-- ===== src/Crypto/Keyring/RoundTrip.antt =====
-- What a keyring can read, also after a rotation: internal/crypto/keyring.go.
use smtp_auth_proxy.Prelude.{
  ◌≤◌, ◌≡◌, refl, sym, ap, inl, inr, true, false, none, some, List, ◌∷◌, ◌++◌, arith, ltb,
  Bool-cases, length, take, drop, length-append, [],
}
use smtp_auth_proxy.Strings.{Str, str_eq, str_eq_iff, str_eq_refl}
use smtp_auth_proxy.Crypto.Keyring.{
  Ciphers, ok, sealed_version, dot, valid_id, fields_of, key_id_of, Keyring, key, new_keyring,
  encrypt, unseal, decrypt, needs_rotation,
}
use smtp_auth_proxy.Crypto.Keyring.Rotation.{
  fields_of_sealed, add_keys-front, add_keys-cons, new_keyring-primary, new_keyring-keys,
}

take-drop-append {ℓ} :
    {A : Type ℓ} (xs ys : List A)
    → (take (length xs) (xs ++ ys) ≡ xs) × (drop (length xs) (xs ++ ys) ≡ ys)
take-drop-append [] ys = (refl, refl)
take-drop-append (x ∷ xs) ys = let (a, b) = take-drop-append xs ys in (ap (λ zs. x ∷ zs) a, b)

module _ (ciphers : Ciphers)
    (opens : (aead : ciphers.Aead) (nonce plaintext context : Str)
      → length nonce ≡ ciphers.nonce_size aead
      → ciphers.open_sealed aead nonce (ciphers.seal aead nonce plaintext context) context
        ≡ some plaintext)
    (decodes : (s : Str) → ciphers.decode_strict (ciphers.encode s) ≡ some s)
    (encodes : (s : Str) → length s ≤ length (ciphers.encode s)) (nonce plaintext context : Str)
    (fits : (aead : ciphers.Aead) → ciphers.nonce_size aead ≡ length nonce)
    (filled : 1 ≤ length nonce) where
  -- The text that `encrypt` writes.
  abbrev sealed_by : Str → ciphers.Aead → Str
  sealed_by id aead =
      sealed_version
      ++ dot ∷ id
      ++ dot ∷ ciphers.encode (nonce ++ ciphers.seal aead nonce plaintext context)

  fields :
      (id : Str) (aead : ciphers.Aead)
      → valid_id id ≡ true
      → fields_of (sealed_by id aead)
        ≡ some (id, ciphers.encode (nonce ++ ciphers.seal aead nonce plaintext context))
  fields id aead v =
      fields_of_sealed id (ciphers.encode (nonce ++ ciphers.seal aead nonce plaintext context)) v (
        omega (
          arith,
          filled,
          encodes (nonce ++ ciphers.seal aead nonce plaintext context),
          length-append nonce (ciphers.seal aead nonce plaintext context),
        ))

  unsealed :
      (aead : ciphers.Aead)
      → unseal ciphers aead
          (ciphers.encode (nonce ++ ciphers.seal aead nonce plaintext context))
          context
        ≡ ok plaintext
  unfolding unseal
  unsealed aead =
      let (a, b) = take-drop-append nonce (ciphers.seal aead nonce plaintext context) in
      let o = opens aead nonce plaintext context (sym (fits aead)) in
      let l = length-append nonce (ciphers.seal aead nonce plaintext context) in
      let d = decodes (nonce ++ ciphers.seal aead nonce plaintext context) in
      let g : ltb (length (nonce ++ ciphers.seal aead nonce plaintext context)) (length nonce)
          ≡ false =
        ground (arith, l) in
      rw (unseal, d, fits aead, g, a, b, o) refl

  -- Any keyring with that key under that id.
  reads :
      (kr : Keyring ciphers) (id : Str) (aead : ciphers.Aead)
      → valid_id id ≡ true
      → key ciphers kr.keys id ≡ some aead
      → decrypt ciphers kr (sealed_by id aead) context ≡ ok plaintext
  unfolding decrypt
  reads kr id aead v k = rw (decrypt, fields id aead v, k) (unsealed aead)

  encrypts :
      (kr : Keyring ciphers) (aead : ciphers.Aead)
      → key ciphers kr.keys kr.primary_id ≡ some aead
      → encrypt ciphers kr (some nonce) plaintext context ≡ ok (sealed_by kr.primary_id aead)
  unfolding encrypt
  encrypts kr aead k = rw (encrypt, k) refl

  -- If opening undoes sealing, strict base64 decoding undoes encoding, which never shortens, and
  -- the nonce has the size of every cipher's and is not empty, then a keyring that could be built
  -- seals every text, opens it again in the same context, and does not ask for its rotation.
  pub decrypt-encrypt :
      (specs : List Str) (kr : Keyring ciphers)
      → new_keyring ciphers specs ≡ ok kr
      → (sealed : Str) × (encrypt ciphers kr (some nonce) plaintext context ≡ ok sealed)
        × (decrypt ciphers kr sealed context ≡ ok plaintext)
        × (needs_rotation ciphers kr sealed ≡ false)
  unfolding needs_rotation key_id_of key
  decrypt-encrypt specs kr h =
      let (v, (aead, k)) = new_keyring-primary ciphers specs kr h in
      (
        sealed_by kr.primary_id aead,
        encrypts kr aead k,
        reads kr kr.primary_id aead v k,
        rw (needs_rotation, key_id_of, fields kr.primary_id aead v, str_eq_refl kr.primary_id) refl,
      )

  -- If opening undoes sealing, strict base64 decoding undoes encoding, which never shortens, and
  -- the nonce has the size of every cipher's and is not empty, then a text that a keyring seals can
  -- be opened, in the same context, by the keyring with a new key put in front, which reports that
  -- it needs rotation.
  pub decrypt-rotated :
      (spec : Str) (specs : List Str) (old new : Keyring ciphers)
      → new_keyring ciphers specs ≡ ok old
      → new_keyring ciphers (spec ∷ specs) ≡ ok new
      → (sealed : Str) × (encrypt ciphers old (some nonce) plaintext context ≡ ok sealed)
        × (decrypt ciphers new sealed context ≡ ok plaintext)
        × (needs_rotation ciphers new sealed ≡ true)
  unfolding needs_rotation key_id_of key
  decrypt-rotated spec specs old new h h' =
      let (v, (aead, k)) = new_keyring-primary ciphers specs old h in
      let (apart, k') = kept aead k in
      (
        sealed_by old.primary_id aead,
        encrypts old aead k,
        reads new old.primary_id aead v k',
        rw (needs_rotation, key_id_of, fields old.primary_id aead v, apart) refl,
      )
    where
      both :
          (aead : ciphers.Aead) (i : Str)
          → key ciphers old.keys old.primary_id ≡ some aead
          → key ciphers old.keys i ≡ none
          → i ≡ old.primary_id
          → ⊥
      both aead i k m s = cc

      differ :
          (aead : ciphers.Aead) (i : Str)
          → key ciphers old.keys old.primary_id ≡ some aead
          → key ciphers old.keys i ≡ none
          → str_eq i old.primary_id ≡ false
      differ aead i k m = elim (Bool-cases (str_eq i old.primary_id)) [
        | inl s ↦ absurd (both aead i k m ((str_eq_iff i old.primary_id).0 s))
        | inr s ↦ s
      ]

      other_way : (i : Str) → str_eq i old.primary_id ≡ false → str_eq old.primary_id i ≡ false
      other_way i d = ground (arith, str_eq_iff i old.primary_id, str_eq_iff old.primary_id i)

      kept :
          (aead : ciphers.Aead)
          → key ciphers old.keys old.primary_id ≡ some aead
          → (str_eq old.primary_id new.primary_id ≡ false)
            × (key ciphers new.keys old.primary_id ≡ some aead)
      kept aead k =
          let (a, p, _) = new_keyring-keys ciphers specs old h in
          let (b, q, _) = new_keyring-keys ciphers (spec ∷ specs) new h' in
          let (i, other, e, n, l) = add_keys-cons ciphers spec specs [] new.keys b in
          let (f, m) = add_keys-front ciphers specs [] old.keys new.keys i other n a l in
          let d = differ aead i k m in
          let r : new.primary_id ≡ i = rw (q, f) refl in (rw r (other_way i d), rw (f, key, d) k)
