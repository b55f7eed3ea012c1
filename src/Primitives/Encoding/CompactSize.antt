-- ===== src/Primitives/Encoding/CompactSize.antt =====
-- `read_varint` and `write_varint` of encoding.rs as each other's inverses.
use fluxd_rust.Prelude.{
  ℕ, ◌^◌, ◌≤◌, ◌<◌, ◌≡◌, sym, ◌∙◌, List, ◌++◌, append-nil, true, ltb, leb, if◌then◌else◌, arith,
  inl, inr, Bool-cases,
}
use fluxd_rust.Prelude.Result.{ok, err}
use fluxd_rust.Primitives.Bytes.{IsBytes}
use fluxd_rust.Primitives.Encoding.{
  new_encoder, into_inner, write_varint, Decoder, new_decoder, Reader, ◌>>=◌, ◌>>◌, fail_if,
  read_varint, decode, finish, max_compact_size, DecodeError, size_too_large,
}
use fluxd_rust.Primitives.Encoding.Writes.{writes, varint_bytes}
use fluxd_rust.Primitives.Encoding.Reads.{unread, Reads-read_u8}
use fluxd_rust.Primitives.Encoding.VarInt.{
  Reads-read_varint, Reads-varint_value, varint_prefix, varint_tail, varint_bytes-split,
}
use fluxd_rust.Primitives.Encoding.Canonical.{read_varint_canonical}
use fluxd_rust.Primitives.Encoding.Ends.{unread-new_decoder, decode-Reads}

into_inner-write_varint : (v : ℕ) → into_inner (write_varint v new_encoder) ≡ varint_bytes v
into_inner-write_varint v = simp writes

-- A compact size that is read from bytes is at most the maximum, and what was read is exactly what
-- `write_varint` writes for it: no other bytes are accepted for the value.
pub write_varint-read_varint :
    (d : Decoder) {v : ℕ} {d' : Decoder}
    → IsBytes (unread d)
    → read_varint d ≡ ok (v, d')
    → (v ≤ max_compact_size) × (unread d ≡ into_inner (write_varint v new_encoder) ++ unread d')
write_varint-read_varint d {v} bytes h =
    rw (into_inner-write_varint v) (read_varint_canonical d bytes h)

-- The test of the size comes behind the whole number.
too_large :
    (v : ℕ) (d : Decoder)
    → unread d ≡ varint_bytes v
    → v < 2 ^ 64
    → max_compact_size < v
    → read_varint d ≡ err size_too_large
unfolding read_varint fail_if ◌>>◌
too_large v d at range big =
    let (d₁, e₁, h₁) =
      (Reads-read_u8 (varint_prefix v)).run d (varint_tail v) (at ∙ sym (varint_bytes-split v)) in
    let (d₂, e₂, h₂) =
      (Reads-varint_value v range).run d₁ _ (h₁ ∙ sym (append-nil (varint_tail v))) in
    let t : ltb max_compact_size v ≡ true = ground arith in rw (◌>>=◌, e₁, e₂, t)

decode-err :
    (m : Reader ℕ) (bytes : List ℕ) {e : DecodeError}
    → m (new_decoder bytes) ≡ err e
    → decode m bytes ≡ err e
unfolding decode ◌>>=◌
decode-err m bytes {e} h =
    let bound : (m >>= finish) (new_decoder bytes) ≡ err e = rw (◌>>=◌, h) in rw (decode, bound)

-- A u64 that `write_varint` wrote is read back, or refused if it is above the maximal compact size.
pub read_varint-write_varint :
    (v : ℕ)
    → v < 2 ^ 64
    → decode read_varint (into_inner (write_varint v new_encoder))
      ≡ (if leb v max_compact_size then ok v else err size_too_large)
read_varint-write_varint v h = elim (Bool-cases (leb v max_compact_size)) [
  | inl small ↦
      rw (into_inner-write_varint v, small) (decode-Reads (Reads-read_varint v (ground arith)))
  | inr large ↦
      let e : read_varint (new_decoder (varint_bytes v)) ≡ err size_too_large =
        too_large v _ (unread-new_decoder (varint_bytes v)) h (ground arith) in
      rw (into_inner-write_varint v, large) (decode-err read_varint (varint_bytes v) e)
]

◆ What is required:
Copy, from the data above, every line where the word "antt" appears.

◆ Answer space:
-- ===== src/Crypto/Keyring/RoundTrip.antt =====
filename src/Primitives/Encoding/CompactSize.antt
-- ===== src/Primitives/Encoding/CompactSize.antt =====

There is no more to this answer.